# Parlante de 10" y de 12" en una misma Via, hay conflicto??



## juan moscoso (Feb 29, 2012)

Hola y desde ya gracias a todos los que lean este mensaje.

tengo un problemilla en el que creo me pueden ayudar….
Estoy por armar 4 cajas acústicas para sonido triamplificado, en 2 de ellas colocare

Brillos; Driver de 1" Peavey RX14
Medio de 10" SoundKing FB1003H
y en las otras 2 colocare los bajos de 15" SoundKing FA2226H

Pero conectando y probando el parlante de medios de 10" me parece que se queda corto ò no cubre bien el rango de frecuencias medias, le he conectado un parlante de 12" Eminence Beta 12LTA quedando a 4 Ohm para el ampli de los medios, impedancia en la cual el amplificador trabaja normal, y se escucha mejor, y la pregunta es si coloco el driver el P. de 10” y el P. de 12” en la misma caja acústica el P de 12" molestaría al P. de 10" (teniendo en cuenta que reproducen medios y no oscilarían mucho) ò no habría problema….
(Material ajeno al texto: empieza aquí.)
-- ===== src/Recall/Pipeline/Answers.antt =====
-- What a recall answers where the parts that it calls answer.
use Prim.Native.Nat.{min}
use sennit.Prelude.{
  ℕ, ◌-◌, ◌≤◌, ◌≡◌, refl, ap, ◌∙◌, String, false, List, [], ◌∷◌, length, map, ok, str_eq,
  length-map, arith,
}
use sennit.Record.{RecordId}
use sennit.Recall.{Float32, Candidate, Request}
use sennit.Recall.Fuse.{Match, fuse}
use sennit.Recall.Fuse.Union.{ids_of}
use sennit.Recall.Rank.{Described, rank}
use sennit.Recall.Rank.Keeping.{rank_lem}
use sennit.Recall.Pipeline.{
  Pipeline, Hit, Recalled, limit_of, pool_of, lexical_weight, search_lexical, describe, hit_of,
  fetch_all, answer, run,
}

module _ {S : Type 0} (f : Float32 S) {F : Type 0} (normalize : String → String) (p : Pipeline S F)
    (body : RecordId → F) (fetches : (id : RecordId) → p.fetch id ≡ ok (body id)) where
  fetch_all-ok :
      (cs : List (Candidate S))
      → fetch_all f normalize p cs
        ≡ ok (map (λ (c : Candidate S). hit_of f normalize p c (body c.id)) cs)
  unfolding fetch_all
  fetch_all-ok [] = refl
  fetch_all-ok (c ∷ cs) = rw (fetches c.id, fetch_all-ok cs) refl

  pool_le : (req : Request S) → limit_of f req ≤ pool_of f req
  unfolding limit_of pool_of
  pool_le req = ground arith

  -- Where every part answers, a recall of a query that is not empty answers. It scores a pool of at
  -- least as many candidates as it returns; it returns the bodies of the candidates in the order of
  -- their ranking, as many as the limit allows of all those that it does not report as hidden or out
  -- of the scope; and it counts the fused candidates.
  pub run_lem :
      (req : Request S) (query : List ℕ) (ms : List (Match S)) (lexical : List RecordId)
      (known : Described)
      → str_eq req.query "" ≡ false
      → p.embed_one req.query ≡ ok query
      → p.search query (pool_of f req) ≡ ok ms
      → search_lexical f normalize p req.query (pool_of f req) (lexical_weight f req) ≡ ok lexical
      → describe f normalize p (fuse f ms lexical (lexical_weight f req)) ≡ ok known
      → (r : Recalled S F) × (run f normalize p req ≡ ok r)
        × (limit_of f req ≤ pool_of f req)
        × (r.considered ≡ length (fuse f ms lexical (lexical_weight f req)))
        × (map (λ (h : Hit S F). h.found) r.hits
            ≡ map body (
                ids_of
                  (rank f normalize
                    (fuse f ms lexical (lexical_weight f req))
                    known
                    req
                    (limit_of f req)).0))
        × (length r.hits
            ≡ min (limit_of f req) (r.considered - r.superseded_hidden - r.scope_excluded))
  run_lem req query ms lexical known q e s l d =
      let fused = fuse f ms lexical (lexical_weight f req) in
      let ranked = rank f normalize fused known req (limit_of f req) in
      let hits = map (λ (c : Candidate S). hit_of f normalize p c (body c.id)) ranked.0 in
      let result : Recalled S F = record {
        hits = hits;
        searched = p.index_len;
        considered = length fused;
        lexical_hits = length lexical;
        superseded_hidden = ranked.1.superseded;
        scope_excluded = ranked.1.out_of_scope;
      } in
      (
        result,
        (unfold run answer in rw (q, e, s, l, d, fetch_all-ok ranked.0) refl),
        pool_le req,
        refl,
        bodies ranked.0,
        length-map (λ (c : Candidate S). hit_of f normalize p c (body c.id)) ranked.0
            ∙ (rank_lem f normalize fused known req (limit_of f req)).0,
      )
    where
      bodies :
          (cs : List (Candidate S))
          → map
              (λ (h : Hit S F). h.found)
              (map (λ (c : Candidate S). hit_of f normalize p c (body c.id)) cs)
            ≡ map body (ids_of cs)
      bodies [] = refl
      bodies (c ∷ cs) = ap (◌∷◌ (body c.id)) (bodies cs)
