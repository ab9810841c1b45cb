-- ===== src/Reclaim.antt =====
-- store/reclaim: what a sweep may destroy (reclaim.go), in which order it does, and the rewriting of live
-- records into fewer slabs (repack.go).
pub mod Plan
pub mod Keeping
pub mod Device
pub mod Sweep
pub mod Order
pub mod Orphans
pub mod Empty
pub mod Repack
pub mod Moving
pub mod Examples
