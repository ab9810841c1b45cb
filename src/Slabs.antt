-- ===== src/Slabs.antt =====
-- local/slabs.go: the ledger of the slabs that this installation pinned, or found by hydrating. The
-- statements on its table are steps on the rows.
pub mod Origins
pub mod Examples
use sennit.Prelude.{
  ℕ, suc, ◌+◌, String, Bool, true, false, not, ◌||◌, Option, none, some, List, [], ◌∷◌, leb,
  if◌then◌else◌, str_eq,
}

-- `type SlabOrigin string`
abbrev pub SlabOrigin : Type 0
SlabOrigin = String

abbrev pub slab_pinned : SlabOrigin
slab_pinned = "pinned"

abbrev pub slab_hydrated : SlabOrigin
slab_hydrated = "hydrated"

-- `func (o SlabOrigin) Releasable() bool`
unfoldable pub is_releasable : SlabOrigin → Bool
is_releasable o = not (str_eq o slab_hydrated)

-- `type TrackedSlab struct`
pub record TrackedSlab : Type 0 where
  pub slab_id : String
  pub pinned_at : ℕ
  pub records : ℕ
  pub bytes : ℕ
  pub origin : SlabOrigin

-- The rows of the table `slabs`, whose key is `slab_id`.
abbrev pub SlabLedger : Type 0
SlabLedger = List TrackedSlab

-- `CASE WHEN slabs.origin = 'pinned' OR excluded.origin = 'pinned' THEN 'pinned' ELSE 'hydrated' END`
abbrev pub stronger : SlabOrigin → SlabOrigin → SlabOrigin
stronger a b = if str_eq a slab_pinned || str_eq b slab_pinned then slab_pinned else slab_hydrated

-- `func (s *Store) trackSlab`, `new` being the row to insert.
unfoldable pub put_slab : TrackedSlab → SlabLedger → SlabLedger
put_slab new [] = new ∷ []
put_slab new (s ∷ ss) =
    if str_eq s.slab_id new.slab_id
    then record s {
      records = s.records + new.records;
      bytes = s.bytes + new.bytes;
      origin = stronger s.origin new.origin;
    }
      ∷ ss
    else s ∷ put_slab new ss

-- `func (s *Store) TrackSlab`
unfoldable pub track_slab : String → ℕ → ℕ → ℕ → SlabLedger → SlabLedger
unfolding put_slab
track_slab slab_id records bytes now l =
    put_slab
      (record {
        slab_id = slab_id;
        pinned_at = now;
        records = records;
        bytes = bytes;
        origin = slab_pinned;
      })
      l

-- `func (s *Store) AdoptSlab`
unfoldable pub adopt_slab : String → ℕ → ℕ → ℕ → SlabLedger → SlabLedger
unfolding put_slab
adopt_slab slab_id records bytes now l =
    put_slab
      (record {
        slab_id = slab_id;
        pinned_at = now;
        records = records;
        bytes = bytes;
        origin = slab_hydrated;
      })
      l

abbrev insert_by_age : TrackedSlab → List TrackedSlab → List TrackedSlab
insert_by_age s [] = s ∷ []
insert_by_age s (t ∷ ts) =
    let rest = insert_by_age s ts in if leb s.pinned_at t.pinned_at then s ∷ t ∷ ts else t ∷ rest

-- `func (s *Store) TrackedSlabs() ([]TrackedSlab, error)`
unfoldable pub tracked_slabs : SlabLedger → List TrackedSlab
tracked_slabs [] = []
tracked_slabs (s ∷ ss) = insert_by_age s (tracked_slabs ss)

-- `func (s *Store) TakeSlabOwnership() (int, error)`
unfoldable pub take_slab_ownership : SlabLedger → SlabLedger × ℕ
take_slab_ownership [] = ([], 0)
take_slab_ownership (s ∷ ss) =
    let (rest, n) = take_slab_ownership ss in
    if str_eq s.origin slab_hydrated
    then (record s { origin = slab_pinned } ∷ rest, suc n)
    else (s ∷ rest, n)

-- `func (s *Store) ForgetSlab(slabID string) error`
unfoldable pub forget_slab : String → SlabLedger → SlabLedger
forget_slab id [] = []
forget_slab id (s ∷ ss) =
    let rest = forget_slab id ss in if str_eq s.slab_id id then rest else s ∷ rest

abbrev pub find_slab : String → SlabLedger → Option TrackedSlab
find_slab id [] = none
find_slab id (s ∷ ss) = if str_eq s.slab_id id then some s else find_slab id ss
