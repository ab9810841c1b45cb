-- ===== src/Reclaim/Plan.antt =====
-- store/reclaim/reclaim.go: the keep-set and its check, and the decision that a sweep makes. A Go map is
-- the list of its keys; the order in which a map is walked is that of the list.
use sennit.Prelude.{
  ℕ, zero, suc, String, Bool, not, ◌&&◌, List, [], ◌∷◌, Result, ok, err, ltb, ◌==◌, if◌then◌else◌,
}
use sennit.Prelude.Keys.{text_key, contains}
use sennit.Slabs.{TrackedSlab, is_releasable}

-- Go's `int`.
pub data ℤ : Type 0 where
  pos negsuc : ℕ → ℤ

-- `sia.StoredObject`: an object of the account and the slab that it sits on.
pub record StoredObject : Type 0 where
  pub ref : String
  pub slab : String

-- `type Plan struct`
pub record Plan : Type 0 where
  pub dead_objects : List String
  pub releasable_slabs : List String
  pub held_slabs : ℕ
  pub foreign_objects : ℕ

-- `type Live struct`
pub record Live : Type 0 where
  pub objects : List String
  pub slabs : List String
  pub catalogued : ℤ
  pub release_all : Bool

-- The number of a map's keys.
unfoldable pub count_keys : List String → ℕ
count_keys [] = 0
count_keys (k ∷ ks) = let rest = count_keys ks in if contains ks k then rest else suc rest

pub data Refusal : Type 0 where
  keep_set_degenerate : Refusal

-- `func (l Live) Check(pinned int) error`
unfoldable pub check_count : ℕ → ℕ → Live → Result Refusal (Unit {0})
unfolding count_keys
check_count zero pinned l =
    if pinned == 0 then ok tt else if not l.release_all then err keep_set_degenerate else ok tt
check_count (suc n) pinned l =
    if count_keys l.objects == 0
    then err keep_set_degenerate
    else if ltb (count_keys l.objects) (suc n)
    then err keep_set_degenerate
    else if count_keys l.slabs == 0
    then err keep_set_degenerate
    else ok tt

abbrev check_catalogued : ℤ → ℕ → Live → Result Refusal (Unit {0})
check_catalogued (negsuc n) pinned l = err keep_set_degenerate
check_catalogued (pos n) pinned l = check_count n pinned l

unfoldable pub check : Live → ℕ → Result Refusal (Unit {0})
unfolding check_count
check l pinned = check_catalogued l.catalogued pinned l

-- A key is put in a map.
abbrev pub put_key : String → List String → List String
put_key k ks = if contains ks k then ks else k ∷ ks

-- The map `ours` of the first loop.
unfoldable pub ours : List TrackedSlab → List String
unfolding is_releasable
ours [] = []
ours (s ∷ ss) =
    let rest = ours ss in if is_releasable s.origin then put_key s.slab_id rest else rest

unfoldable pub count_held : List TrackedSlab → ℕ
unfolding is_releasable
count_held [] = 0
count_held (s ∷ ss) = let rest = count_held ss in if is_releasable s.origin then rest else suc rest

-- The second loop: objects on our slabs that the keep-set does not name.
unfoldable pub dead_among : List String → Live → List StoredObject → List String
dead_among mine live [] = []
dead_among mine live (o ∷ os) =
    let rest = dead_among mine live os in
    if contains mine o.slab && not (contains live.objects o.ref) then o.ref ∷ rest else rest

unfoldable pub count_foreign : List String → List StoredObject → ℕ
count_foreign mine [] = 0
count_foreign mine (o ∷ os) =
    let rest = count_foreign mine os in if contains mine o.slab then rest else suc rest

-- The third loop: our slabs that the keep-set does not name.
unfoldable pub without : List String → List String → List String
without kept [] = []
without kept (s ∷ ss) = let rest = without kept ss in if contains kept s then rest else s ∷ rest

-- `func planSweep(live Live, tracked []Slab, objects []sia.StoredObject) Plan`
unfoldable pub plan_sweep : Live → List TrackedSlab → List StoredObject → Plan
unfolding ours dead_among without count_held count_foreign
plan_sweep live tracked objects = record {
  dead_objects = dead_among (ours tracked) live objects;
  releasable_slabs = without live.slabs (ours tracked);
  held_slabs = count_held tracked;
  foreign_objects = count_foreign (ours tracked) objects;
}
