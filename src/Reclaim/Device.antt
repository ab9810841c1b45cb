-- ===== src/Reclaim/Device.antt =====
-- What a reclaimer works on: the ledger and the cached locations of the device, the calls that destroy
-- something in the account, and a network that may answer anything.
use sennit.Prelude.{ℕ, String, List, [], ◌∷◌, ◌++◌, Result, ok, err, if◌then◌else◌, str_eq}
use sennit.Slabs.{SlabLedger, forget_slab}
use sennit.Reclaim.Plan.{StoredObject}

pub data Fault : Type 0 where
  degenerate : Fault
  network_failed : Fault
  not_ours_to_release : Fault
  write_failed wrong_count index_out_of_range apply_failed : Fault

pub data Call : Type 0 where
  delete_objects : List String → Call
  unpin_slab : String → Call

-- The answers of `sia.Client`. What the account and the walk answer may depend on the calls before.
pub record Network : Type 0 where
  pub on_account : List Call → Result Fault ℕ
  pub on_walk : List Call → Result Fault (List StoredObject × List String)
  pub on_pinned : List Call → Result Fault (List String)
  pub on_delete : List String → Result Fault (Unit {0})
  pub on_unpin : String → Result Fault (Unit {0})
  pub on_download : String → Result Fault (List ℕ)

-- The device, with the calls made so far and the slabs released.
pub record Device : Type 0 where
  pub ledger : SlabLedger
  pub cached : List String
  pub calls : List Call
  pub released : List String

abbrev pub and_then {ℓ κ} :
    {A : Type ℓ} {B : Type κ}
    → Device × Result Fault A
    → (Device → A → Device × Result Fault B)
    → Device × Result Fault B
and_then (d, ok a) next = next d a
and_then (d, err e) next = (d, err e)

abbrev pub call : Call → Device → Device
call c d = record d { calls = d.calls ++ c ∷ [] }

-- `client.DeleteObjects`
unfoldable pub delete : Network → List String → Device → Device × Result Fault (Unit {0})
delete n refs d = (call (delete_objects refs) d, n.on_delete refs)

-- `ForgetSlabMeta`: the cached locations over a slab.
unfoldable pub forget_slab_meta : String → List String → List String
forget_slab_meta id [] = []
forget_slab_meta id (s ∷ ss) =
    let rest = forget_slab_meta id ss in if str_eq s id then rest else s ∷ rest

-- What `Unpin` does on the device once the slab is released.
unfoldable pub forget : String → Device → Device
unfolding forget_slab forget_slab_meta
forget slab d = record d {
  ledger = forget_slab slab d.ledger;
  cached = forget_slab_meta slab d.cached;
  released = d.released ++ slab ∷ [];
}

-- `func (r *Reclaimer) Unpin(ctx context.Context, slabID sia.SlabID) error`
unfoldable pub unpin : Network → String → Device → Device × Result Fault (Unit {0})
unfolding forget
unpin n slab d =
    and_then (call (unpin_slab slab) d, n.on_unpin slab) (λ d' _. (forget slab d', ok tt))

-- The loops that unpin one slab after the other, up to the first that fails.
unfoldable pub unpin_each : Network → List String → Device → Device × Result Fault (Unit {0})
unfolding unpin
unpin_each n [] d = (d, ok tt)
unpin_each n (s ∷ ss) d = and_then (unpin n s d) (λ d' _. unpin_each n ss d')
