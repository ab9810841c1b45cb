-- ===== src/Reclaim/Keeping.antt =====
-- What a sweep's plan spares, and what the check of its keep-set lets through.
use sennit.Prelude.{
  ℕ, zero, suc, ◌≤◌, ◌<◌, ◌≡◌, refl, ◌∙◌, ap, String, Bool, true, false, not, ◌&&◌, ◌||◌, List, [],
  ◌∷◌, ok, arith, Bool-cases, ◌⊎◌, inl, inr, eq_iff, str_eq,
}
use sennit.Prelude.Keys.{text_key, contains}
use sennit.Slabs.{TrackedSlab, is_releasable}
use sennit.Reclaim.Plan.{
  ℤ, pos, negsuc, StoredObject, Live, count_keys, check_count, check, put_key, ours, dead_among,
  without, plan_sweep,
}

-- Whether a ledger has a slab as one that this device may release.
abbrev pub is_ours : List TrackedSlab → String → Bool
is_ours [] slab = false
is_ours (s ∷ ss) slab = (str_eq s.slab_id slab && is_releasable s.origin) || is_ours ss slab

-- Whether an object with a ref sits on one of the slabs that this device may release.
abbrev pub is_on_ours : List TrackedSlab → List StoredObject → String → Bool
is_on_ours tracked [] ref = false
is_on_ours tracked (o ∷ os) ref =
    (str_eq o.ref ref && is_ours tracked o.slab) || is_on_ours tracked os ref

pub contains-put_key :
    (k : String) (ks : List String) (x : String)
    → contains (put_key k ks) x ≡ (str_eq k x || contains ks x)
contains-put_key k ks x = elim (Bool-cases (str_eq k x)) [
  | inl e ↦ let same : k ≡ x = (eq_iff k x).0 e in ground (arith, ap (contains ks) same)
  | inr e ↦ ground arith
]

contains-ours :
    (tracked : List TrackedSlab) (x : String) → contains (ours tracked) x ≡ is_ours tracked x
unfolding ours
contains-ours [] x = refl
contains-ours (s ∷ ss) x = elim (Bool-cases (is_releasable s.origin)) [
  | inl e ↦ rw e (contains-put_key s.slab_id (ours ss) x ∙ ground (arith, contains-ours ss x))
  | inr e ↦ rw e (ground (arith, contains-ours ss x))
]

contains-without :
    (kept ss : List String) (x : String)
    → contains (without kept ss) x ≡ (contains ss x && not (contains kept x))
unfolding without
contains-without kept [] x = refl
contains-without kept (s ∷ ss) x = elim (Bool-cases (str_eq s x)) [
  | inl e ↦
      let same : s ≡ x = (eq_iff s x).0 e in
      ground (arith, contains-without kept ss x, ap (contains kept) same)
  | inr e ↦ ground (arith, contains-without kept ss x)
]

contains-dead_among :
    (tracked : List TrackedSlab) (live : Live) (os : List StoredObject) (ref : String)
    → contains (dead_among (ours tracked) live os) ref
      ≡ (is_on_ours tracked os ref && not (contains live.objects ref))
unfolding dead_among
contains-dead_among tracked live [] ref = refl
contains-dead_among tracked live (o ∷ os) ref = elim (Bool-cases (str_eq o.ref ref)) [
  | inl e ↦
      let same : o.ref ≡ ref = (eq_iff o.ref ref).0 e in
      ground (
        arith,
        contains-dead_among tracked live os ref,
        contains-ours tracked o.slab,
        ap (contains live.objects) same,
      )
  | inr e ↦ ground (arith, contains-dead_among tracked live os ref)
]

-- A sweep's plan names for deletion exactly the objects on slabs of this device that the keep-set does
-- not name, and for release exactly the slabs of this device that the keep-set does not name: an object
-- or a slab that the keep-set names is in neither, and neither is one of another device.
pub plan_sweep_lem :
    (live : Live) (tracked : List TrackedSlab) (objects : List StoredObject) (x : String)
    → (contains (plan_sweep live tracked objects).dead_objects x
        ≡ (is_on_ours tracked objects x && not (contains live.objects x)))
      × (contains (plan_sweep live tracked objects).releasable_slabs x
          ≡ (is_ours tracked x && not (contains live.slabs x)))
unfolding plan_sweep
plan_sweep_lem live tracked objects x = (
  contains-dead_among tracked live objects x,
  contains-without live.slabs (ours tracked) x ∙ ground (arith, contains-ours tracked x),
)

-- What the check takes for a keep-set that covers the vault.
abbrev pub Covers : Live → ℕ → Type 0
Covers live n =
    (n ≤ count_keys live.objects) × (0 < count_keys live.objects) × (0 < count_keys live.slabs)

-- A keep-set passes the check only where the catalog's count is not negative, and then either it covers
-- as many objects as the catalog has records, with at least one object and one slab, or the catalog is
-- empty and there is nothing pinned or the caller has asked for everything to be released.
pub check_lem :
    (live : Live) (pinned : ℕ)
    → check live pinned ≡ ok tt
    → (n : ℕ) × (live.catalogued ≡ pos n)
      × (((n ≡ 0) × ((pinned ≡ 0) ⊎ (live.release_all ≡ true))) ⊎ ((0 < n) × Covers live n))
unfolding check check_count
check_lem live pinned h = go live.catalogued refl
  where
    go :
        (z : ℤ)
        → live.catalogued ≡ z
        → (n : ℕ) × (live.catalogued ≡ pos n)
          × (((n ≡ 0) × ((pinned ≡ 0) ⊎ (live.release_all ≡ true))) ⊎ ((0 < n) × Covers live n))
    go (negsuc n) e = absurd (ground (arith, h, e))
    go (pos zero) e = (0, e, inl (refl, empty))
      where
        empty : (pinned ≡ 0) ⊎ (live.release_all ≡ true)
        empty = elim (Bool-cases live.release_all) [
          | inl r ↦ inr r
          | inr r ↦ inl (ground (arith, h, e, r))
        ]
    go (pos (suc n)) e = (
      suc n,
      e,
      inr (omega arith, (ground (arith, h, e), ground (arith, h, e), ground (arith, h, e))),
    )
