-- ===== src/Lib.antt =====
-- wstester: a websocket test bench for a market data protocol. A server publishes table responses to
-- clients; between them stand caches, which keep the state of a table, and channels, which hand
-- responses on.
--
-- * Prices (utils/common.go: UniPriceSearch, UniPriceAdd, UniPriceRemove): the sorted price lists.
-- * Sets (utils/set_float.go, utils/set_string.go): the sets, one definition for both key types.
-- * Slices (utils/slice.go): RangeSlice, Slice and ReverseFloat64Slice, the last of which the order book
--   uses, where Mbl takes the library's reverse for it.
-- * Mbl (utils/cache_mbl.go, models/mbl.go): the order book cache. Mbl has its types and
--   handleDelete, handleInsert, handleUpdate; Mbl.View the quotes, depths and snapshots; Mbl.Apply
--   applyData and dispatchRsp; Mbl.Apply.Merge handlePartial and handleInput. Mbl.Level and Mbl.Sound
--   prove the invariant, Mbl.Faults what breaks it, Mbl.Top and Mbl.Feed what a client of a
--   depth-limited channel sees, Mbl.Snapshot what a snapshot leaves in the cache that is filled with it.
-- * Trade (utils/cache_trade.go) and Instruments (utils/cache_instrument.go): the other two caches.
-- * Channels (utils/channel.go: rspChannel) and Tables (utils/cache.go: tableCache): who gets what, and
--   the life of a channel and of a cache; Tables.Trades puts the trade cache behind the pipeline;
--   Tables.Made has the constructors of all three caches and NewDepthChannel.
-- * Heartbeat (models/heartbeat.go, heartbeatHandler of client/client.go, heartbeatLoop of
--   server/session.go): the counters of both ends.
-- * Linq (utils/linq.go): conditions and unions; Linq.Table: parseTable, parseColumns and the map that
--   GetFilter makes of a row.
-- * Client (client/client.go, client/config.go): topics; Client.Messages: the handlers of messages;
--   Client.Reading: the loop over what is read.
-- * Server (server/server.go): the sessions; Server.Subscribe: handleSubscribe with the goroutines that
--   it starts; Server.Upgrade, with server/session.go: ReadMessage and wsUpgrader; Server.Sending:
--   sendMessageLoop; Server.Args, of models/common.go: the arguments of a request.
-- * Wire (client/client.go and server/server.go together): the client's connection and the server's
--   answers to it; Wire.Query reads a query as net/url does.
-- * Prelude has the shared types and lemmas, Examples the theorems at small inputs.
--
-- A message travels so: a cache's pipeline is handled in order (Tables.run, and handle_input of each
-- cache); what a cache publishes goes to its channels (published of the cache's record, publish_data of
-- Channels), whose loop hands it to destinations and child channels (Channels.handle).
--
-- Code that can panic returns a Run, whose panic stands for an index out of range, a nil pointer or
-- map, a nil function, or a write to a closed Go channel. A Go map is an association list; a loop over a
-- map takes the list's order, and what is proved holds for every list; GetFilter's loop over the selected
-- columns takes its order as an argument. l2Cache of the order book may be nil, which its field made says. Prices and sizes are ticks and
-- contracts, natural numbers, which the floats hold exactly. Integers of the machine are not bounded,
-- but for historyCount, which wraps; lengths of slices stay far below.
--
-- What goroutines beside the modelled one do is a parameter: which destinations are read (reads of
-- Channels), which loops come to a breakpoint (pipeline_answers and channel_answers of Server.Subscribe),
-- and how many heartbeats and replies the loops of both ends still receive from channels without a buffer
-- (takes and sends of Server.Upgrade and Client.Reading). Where no one receives, the code waits for ever,
-- which the results have as a case of their own.
--
-- Fuel: search_loop takes n + 1 rounds for n entries and add_loop one round for each entry; both halve
-- a range that is at most as long, so that the fuel never runs out; the proofs in Prices.Search and
-- Prices.Insert carry that. reverse_loop needs a round for two entries. ws_loop and
-- message_handler take one round for each message, and so need more fuel than there are frames.
--
-- Not modelled: the websocket, JSON, logs, HTTP and timers (they are given as outcomes), the
-- interleaving of goroutines other than by the order of a queue's inputs, pointers that a cache shares
-- with the responses it was given, float rounding, and the packages kafka, mock and examples.
pub mod Prelude
pub mod Prices
pub mod Sets
pub mod Slices
pub mod Mbl
pub mod Trade
pub mod Instruments
pub mod Channels
pub mod Tables
pub mod Heartbeat
pub mod Linq
pub mod Client
pub mod Server
pub mod Wire
pub mod Examples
PD: uso crossover activo behringer super x pro cx-3400, frecuencias de corte a 250Hz y 3KHz
Les agradezco si me pueden dar algunas recomendaciones…..


----------



## juan moscoso (Mar 6, 2012)

Hola a todos.

Bueno resolví colocar los parlantes en la misma caja pero separados por una tabla de por medio, para que un parlante no moleste al otro, y bueno algunas cosas que tuve en cuenta:

+1 Como pueden ver en la foto No3 use fomi en las uniones para hacer un sellado uniforme en todas las uniones, pues las cajas son selladas.

+2 Las cajas fueron construidas teniendo en cuenta el numero áureo, el cual es un número muy interesante, ya que algunas de las cosas más bellas de la naturaleza tienen relación a este número.

+3 Como pueden ver en la foto No6 y 7 el panel trasero de las cajas no guarda paralelismo con el panel frontal, esto según ley por ahí....sirve para que la onda generada por la parte trasera del parlante no rebote contra el mismo y lo haga sonar mal.

....bueno por el momento no es mas....me falta tapizarlo poner esquineras y demás.....ya les iré informando....


----------



## juan moscoso (Mar 8, 2012)

Bueno ya casi estan, como pueden ver en las fotos algunos detalles como estrellas y escudos del sodiaco, falta la lamina punzonada y terminamos.


----------



## Guzman17m (Mar 8, 2012)

me gusta ese diseño de bafles, te quedaron re chulos, pero porque no invertiste el orden de los drivers en el bafle de la derecha?


----------



## Electronica "ADJCP" (Mar 8, 2012)

te quedo muy bien amigo juan te felicito te falto ponerle una capa de esponja por dentro del cajon y ponerle un divisor de frecuencias "crossover" pero te felicito


----------



## juan moscoso (Mar 8, 2012)

Hola.

Bueno en cuanto a la inquietud del compañero Guzman17m, lo hice para que visualmente no hubiera un izquierdo o un derecho aunque en sonido si lo hay...

y bueno para el compañero adjcp, le cuento que tuve en cuenta muchas cosas, entre ellas lo de rellenar de perlón o guata ambas cámaras por lo de las frecuencias estacionarias, y crossover uso un behringer super x pro cx-3400, estas cajas solo son de brillos y medios, y ahora que las he probado me quedo con el filtrado en activo se escucha muy claro bien definido, y con algo más de tiempo y dinero construiré el de bajos.


----------



## Electronica "ADJCP" (Mar 9, 2012)

sii pude notar que esos 12" no esta configurado como bajo dime si me equivoco


----------



## juan moscoso (Mar 9, 2012)

Hola compañero adjcp.

Le cuento que escuchando el de 10", sirve según mi oído como un medio alto, y lo complemente con el de 12" que trabaja más como medio bajo.....aunque mi sistema es de 3vias activo, y estos dos 10 y 12" trabajan en la misma vía (medios) y se complementan bien....


----------